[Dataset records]
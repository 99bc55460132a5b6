-- ===== src/Chief/Tcp/Sent.antt =====
-- What a connected provider is written.
use fmtp.Prelude.{
  ℕ, String, ◌≡◌, refl, sym, ap, ◌∙◌, ◌⊎◌, inl, inr, Bool, true, false, if_holds, if_true, Option,
  none, some, List, [], ◌∷◌, ◌++◌, map, All, Bytes, string_eq, if◌then◌else◌,
}
use mathlib.Core.List.{append-nil, append_assoc, map-append}
use fmtp.Channel.Settings.{encode1251}
use fmtp.Chief.Settings.{ProviderSettings}
use fmtp.Chief.Tcp.{
  OldiClnt, OldiTcpController, TcpEvent, setts_given, packet_given, server_listens, accepted,
  data_read, data_written, receive_cancelled, send_cancelled, get_clnt, close_clnt, give_packet,
  write_oldest, send_step, receive_from, recoded_packet, tcp_step, tcp_run,
}
use fmtp.Chief.Tcp.Clients.{
  Has, Has-map, Has-at_clnt, Has-append, last_encoding-keeps, change_providers-keeps,
}

-- Settings whose providers all have the encoding.
abbrev pub IsRecoded : TcpEvent → Type 0
IsRecoded (setts_given setts) =
    All (λ (val : ProviderSettings). val.provider_encoding ≡ encode1251) setts
IsRecoded _ = Unit

abbrev pub packets_of : TcpEvent → List Bytes
packets_of (packet_given packet) = packet ∷ []
packets_of _ = []

abbrev pub packets_in : List TcpEvent → List Bytes
packets_in [] = []
packets_in (event ∷ events) = packets_of event ++ packets_in events

module _ (win1251_to_utf8 utf8_to_win1251 : Bytes → Bytes) where
  -- What has been written, and what waits to be, recoded.
  abbrev pub owed : OldiClnt → List Bytes
  owed clnt = clnt.written ++ map utf8_to_win1251 clnt.to_send_data_chan

  -- The client is closed, or this is what it is owed.
  abbrev pub Owes : List Bytes → OldiClnt → Type 0
  Owes list clnt = (clnt.listed ≡ false) ⊎ (owed clnt ≡ list)

  close_clnt-Owes :
      (list : List Bytes) (clnt : OldiClnt) → Owes list clnt → Owes list (close_clnt clnt)
  close_clnt-Owes list clnt h = inl refl

  give_packet-Owes :
      (list : List Bytes) (packet : Bytes) (clnt : OldiClnt)
      → Owes list clnt
      → Owes (list ++ utf8_to_win1251 packet ∷ []) (give_packet packet clnt)
  give_packet-Owes list packet clnt h =
      if_holds (Owes (list ++ utf8_to_win1251 packet ∷ [])) clnt.listed _ clnt (λ listed. given h)
        (λ closed. inl closed)
    where
      given :
          Owes list clnt
          → Owes
              (list ++ utf8_to_win1251 packet ∷ [])
              (record clnt { to_send_data_chan = clnt.to_send_data_chan ++ packet ∷ [] })
      given (inl closed) = inl closed
      given (inr owes) = inr (
          ap (λ more. clnt.written ++ more)
            (map-append utf8_to_win1251 clnt.to_send_data_chan (packet ∷ []))
          ∙ sym (append_assoc clnt.written _ _)
          ∙ ap (λ more. more ++ utf8_to_win1251 packet ∷ []) owes)

  recoded_packet-recoded :
      (encoding : String) (packet : Bytes)
      → encoding ≡ encode1251
      → recoded_packet win1251_to_utf8 utf8_to_win1251 encoding packet ≡ utf8_to_win1251 packet
  recoded_packet-recoded encoding packet recoded =
      if_true _ _ _ ((string_eq.beq_iff encoding encode1251).1 recoded)

  write_oldest-Owes :
      (list : List Bytes) (encoding : String) (done : Bool) (packets : List Bytes) (clnt : OldiClnt)
      → encoding ≡ encode1251
      → clnt.to_send_data_chan ≡ packets
      → Owes list clnt
      → Owes list (write_oldest win1251_to_utf8 utf8_to_win1251 encoding done packets clnt)
  write_oldest-Owes list encoding done [] clnt recoded e h = h
  write_oldest-Owes list encoding false (packet ∷ packets) clnt recoded e h = inl refl
  write_oldest-Owes list encoding true (packet ∷ packets) clnt recoded e (inl closed) = inl closed
  write_oldest-Owes list encoding true (packet ∷ packets) clnt recoded e (inr owes) = inr (
      append_assoc clnt.written _ _
      ∙ ap (λ sent. clnt.written ++ sent ∷ map utf8_to_win1251 packets)
          (recoded_packet-recoded encoding packet recoded)
      ∙ ap (λ waiting. clnt.written ++ map utf8_to_win1251 waiting) (sym e)
      ∙ owes)

  send_step-Owes :
      (list : List Bytes) (encoding : String) (done : Bool) (clnt : OldiClnt)
      → encoding ≡ encode1251
      → Owes list clnt
      → Owes list (send_step win1251_to_utf8 utf8_to_win1251 encoding done clnt)
  unfolding send_step
  send_step-Owes list encoding done clnt recoded h =
      if_holds (Owes list) clnt.sends _ clnt
        (λ sends. write_oldest-Owes list encoding done clnt.to_send_data_chan clnt recoded refl h)
        (λ quit. h)

  -- A loop that sees that its connection is closed.
  quit-Owes :
      (list : List Bytes) (clnt next : OldiClnt)
      → (clnt.listed ≡ false → next.listed ≡ false)
      → Owes list clnt
      → Owes list (if clnt.listed then clnt else next)
  quit-Owes list clnt next closed h =
      if_holds (Owes list) clnt.listed clnt next (λ listed. h)
        (λ not_listed. inl (closed not_listed))

  -- The connection with a number owes a list, and the encoding is the one that recodes.
  abbrev pub OwesAt : List Bytes → ℕ → OldiTcpController → Type 0
  OwesAt list n c =
      Has (Owes list) (get_clnt n c.provider_clients) × (c.provider_encoding ≡ encode1251)

  receive_from-OwesAt :
      (list : List Bytes) (n k : ℕ) (read : Option Bytes) (clnt : Option OldiClnt)
      (c : OldiTcpController)
      → OwesAt list n c
      → OwesAt list n (receive_from win1251_to_utf8 utf8_to_win1251 k read clnt c)
  receive_from-OwesAt list n k read none c h = h
  receive_from-OwesAt list n k none (some clnt) c (h, recoded) =
      if_holds (OwesAt list n) clnt.receives _ c
        (λ receives. (
          Has-at_clnt (Owes list) close_clnt (close_clnt-Owes list) k n c.provider_clients h,
          recoded,
        ))
        (λ quit. (h, recoded))
  receive_from-OwesAt list n k (some buffer) (some clnt) c h =
      if_holds (OwesAt list n) clnt.receives _ c (λ receives. h) (λ quit. h)

  tcp_step-OwesAt :
      (event : TcpEvent) (list : List Bytes) (n : ℕ) (c : OldiTcpController)
      → IsRecoded event
      → OwesAt list n c
      → OwesAt
          (list ++ map utf8_to_win1251 (packets_of event))
          n
          (tcp_step win1251_to_utf8 utf8_to_win1251 event c)
  unfolding tcp_step
  tcp_step-OwesAt (setts_given setts) list n c all (h, recoded) =
      let (kept, same) =
        change_providers-keeps (λ clnts. Has (Owes list) (get_clnt n clnts))
          (Has-map (Owes list) (Owes list) close_clnt (close_clnt-Owes list) n) setts c h in
      rw (append-nil list) (
        kept,
        same
            ∙ last_encoding-keeps (λ encoding. encoding ≡ encode1251) setts c.provider_encoding all
                recoded,
      )
  tcp_step-OwesAt (packet_given packet) list n c all (h, recoded) = (
    Has-map (Owes list) (Owes (list ++ utf8_to_win1251 packet ∷ [])) (give_packet packet)
        (give_packet-Owes list packet) n c.provider_clients h,
    recoded,
  )
  tcp_step-OwesAt (server_listens works) list n c all h = rw (append-nil list) h
  tcp_step-OwesAt (accepted remote_addr) list n c all (h, recoded) =
      rw (append-nil list) (Has-append (Owes list) n c.provider_clients _ h, recoded)
  tcp_step-OwesAt (data_read k read) list n c all h =
      rw (append-nil list) (receive_from-OwesAt list n k read (get_clnt k c.provider_clients) c h)
  tcp_step-OwesAt (data_written k done) list n c all (h, recoded) = rw (append-nil list) (
    Has-at_clnt (Owes list) _ (λ clnt. send_step-Owes list c.provider_encoding done clnt recoded) k
        n c.provider_clients h,
    recoded,
  )
  tcp_step-OwesAt (receive_cancelled k) list n c all (h, recoded) = rw (append-nil list) (
    Has-at_clnt (Owes list) _ (λ clnt. quit-Owes list clnt _ (λ e. e)) k n c.provider_clients h,
    recoded,
  )
  tcp_step-OwesAt (send_cancelled k) list n c all (h, recoded) = rw (append-nil list) (
    Has-at_clnt (Owes list) _ (λ clnt. quit-Owes list clnt _ (λ e. e)) k n c.provider_clients h,
    recoded,
  )

  -- Where the encoding is Windows-1251, and is in all settings that come: whatever happens, a client
  -- that is connected and has not been closed has been written, or waits to be written, what it was
  -- owed and the packets that have come since, recoded, each once and in order.
  pub tcp_run-OwesAt :
      (events : List TcpEvent) (list : List Bytes) (n : ℕ) (c : OldiTcpController)
      → All IsRecoded events
      → OwesAt list n c
      → OwesAt
          (list ++ map utf8_to_win1251 (packets_in events))
          n
          (tcp_run win1251_to_utf8 utf8_to_win1251 events c)
  unfolding tcp_run
  tcp_run-OwesAt [] list n c all h = rw (append-nil list) h
  tcp_run-OwesAt (event ∷ events) list n c (recoded, all) h =
      rw (map-append utf8_to_win1251 (packets_of event) (packets_in events), ← append_assoc)
        (tcp_run-OwesAt events (list ++ map utf8_to_win1251 (packets_of event)) n _ all
          (tcp_step-OwesAt event list n c recoded h))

| Task to complete |
Find "(list : List Bytes) (encoding : String) (done : Bool) (clnt" in the entries above and copy that whole line exactly, then each line after it through the line that contains "(λ sends. write_oldest-Owes".

| Task output |
      (list : List Bytes) (encoding : String) (done : Bool) (clnt : OldiClnt)
      → encoding ≡ encode1251
      → Owes list clnt
      → Owes list (send_step win1251_to_utf8 utf8_to_win1251 encoding done clnt)
  unfolding send_step
  send_step-Owes list encoding done clnt recoded h =
      if_holds (Owes list) clnt.sends _ clnt
        (λ sends. write_oldest-Owes list encoding done clnt.to_send_data_chan clnt recoded refl h)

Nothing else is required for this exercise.